[Stored items]
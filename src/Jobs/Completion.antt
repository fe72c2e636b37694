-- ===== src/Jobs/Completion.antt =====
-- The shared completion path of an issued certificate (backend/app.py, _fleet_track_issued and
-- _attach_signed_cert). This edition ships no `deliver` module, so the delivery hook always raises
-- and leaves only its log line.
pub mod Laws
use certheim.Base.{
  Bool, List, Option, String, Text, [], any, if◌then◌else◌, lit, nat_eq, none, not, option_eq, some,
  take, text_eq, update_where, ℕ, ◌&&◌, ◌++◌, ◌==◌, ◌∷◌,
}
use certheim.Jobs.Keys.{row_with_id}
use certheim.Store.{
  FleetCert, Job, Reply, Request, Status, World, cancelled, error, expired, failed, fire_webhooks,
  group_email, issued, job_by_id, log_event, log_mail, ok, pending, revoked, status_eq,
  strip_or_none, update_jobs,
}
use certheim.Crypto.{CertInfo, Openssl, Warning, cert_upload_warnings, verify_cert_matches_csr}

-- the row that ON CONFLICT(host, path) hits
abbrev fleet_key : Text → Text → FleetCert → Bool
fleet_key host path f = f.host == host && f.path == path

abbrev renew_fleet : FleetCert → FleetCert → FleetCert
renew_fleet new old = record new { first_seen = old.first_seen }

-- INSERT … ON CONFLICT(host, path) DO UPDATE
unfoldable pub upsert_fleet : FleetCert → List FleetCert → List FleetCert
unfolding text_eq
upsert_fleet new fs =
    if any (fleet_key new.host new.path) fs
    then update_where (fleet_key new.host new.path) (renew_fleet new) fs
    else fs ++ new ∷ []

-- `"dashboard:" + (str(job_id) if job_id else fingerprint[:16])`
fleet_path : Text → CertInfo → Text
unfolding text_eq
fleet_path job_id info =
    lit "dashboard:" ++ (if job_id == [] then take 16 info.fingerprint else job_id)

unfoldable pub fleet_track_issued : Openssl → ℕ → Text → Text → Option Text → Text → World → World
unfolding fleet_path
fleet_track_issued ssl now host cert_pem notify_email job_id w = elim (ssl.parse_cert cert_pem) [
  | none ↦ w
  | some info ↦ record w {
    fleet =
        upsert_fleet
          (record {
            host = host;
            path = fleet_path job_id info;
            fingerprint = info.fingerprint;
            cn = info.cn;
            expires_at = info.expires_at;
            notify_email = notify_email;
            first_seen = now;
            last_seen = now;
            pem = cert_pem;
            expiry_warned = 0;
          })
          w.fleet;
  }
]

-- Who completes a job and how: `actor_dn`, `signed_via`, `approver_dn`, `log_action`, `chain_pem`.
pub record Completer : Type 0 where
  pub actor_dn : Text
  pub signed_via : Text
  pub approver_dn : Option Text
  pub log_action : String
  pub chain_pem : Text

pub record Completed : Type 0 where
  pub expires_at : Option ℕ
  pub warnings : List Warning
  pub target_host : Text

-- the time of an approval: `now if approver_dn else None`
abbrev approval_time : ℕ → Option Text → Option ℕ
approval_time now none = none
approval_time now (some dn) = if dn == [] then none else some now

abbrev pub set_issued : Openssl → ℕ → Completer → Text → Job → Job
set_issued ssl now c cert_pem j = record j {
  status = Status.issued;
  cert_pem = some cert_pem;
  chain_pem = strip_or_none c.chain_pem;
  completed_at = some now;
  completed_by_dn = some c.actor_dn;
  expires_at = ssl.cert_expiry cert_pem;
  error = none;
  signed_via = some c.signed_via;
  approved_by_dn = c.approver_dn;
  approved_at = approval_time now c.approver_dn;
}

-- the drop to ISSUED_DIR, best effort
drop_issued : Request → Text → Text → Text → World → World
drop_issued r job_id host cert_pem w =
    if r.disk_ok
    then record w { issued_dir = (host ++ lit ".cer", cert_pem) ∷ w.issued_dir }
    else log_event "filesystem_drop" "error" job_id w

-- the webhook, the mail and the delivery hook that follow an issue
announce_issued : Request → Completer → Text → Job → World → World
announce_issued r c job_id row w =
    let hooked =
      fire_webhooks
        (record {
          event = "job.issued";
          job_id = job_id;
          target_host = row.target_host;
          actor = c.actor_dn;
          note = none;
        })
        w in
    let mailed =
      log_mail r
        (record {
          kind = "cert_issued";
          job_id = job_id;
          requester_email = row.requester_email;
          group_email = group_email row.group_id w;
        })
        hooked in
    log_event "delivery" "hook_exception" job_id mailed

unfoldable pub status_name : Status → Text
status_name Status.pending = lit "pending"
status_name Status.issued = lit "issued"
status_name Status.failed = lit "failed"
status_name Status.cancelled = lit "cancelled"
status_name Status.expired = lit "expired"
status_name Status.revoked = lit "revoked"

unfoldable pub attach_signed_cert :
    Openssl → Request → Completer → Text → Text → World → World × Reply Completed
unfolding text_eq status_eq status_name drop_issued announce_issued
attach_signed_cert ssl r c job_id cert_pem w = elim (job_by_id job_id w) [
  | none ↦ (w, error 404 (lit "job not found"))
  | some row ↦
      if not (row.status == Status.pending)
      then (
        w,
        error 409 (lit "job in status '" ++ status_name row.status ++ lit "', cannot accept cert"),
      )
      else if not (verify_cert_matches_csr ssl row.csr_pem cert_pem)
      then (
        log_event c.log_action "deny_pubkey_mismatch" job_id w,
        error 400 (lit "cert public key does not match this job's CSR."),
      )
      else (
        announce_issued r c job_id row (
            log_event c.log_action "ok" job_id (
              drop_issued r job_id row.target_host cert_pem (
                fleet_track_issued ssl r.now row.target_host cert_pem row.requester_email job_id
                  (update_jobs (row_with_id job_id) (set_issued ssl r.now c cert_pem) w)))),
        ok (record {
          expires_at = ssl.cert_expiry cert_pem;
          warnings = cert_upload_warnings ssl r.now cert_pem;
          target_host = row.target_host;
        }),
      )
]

GOAL OF THE EXERCISE: From the entries above, work out the number of lines containing the string "Type" and give that number by itself.

EXERCISE RESULT: 2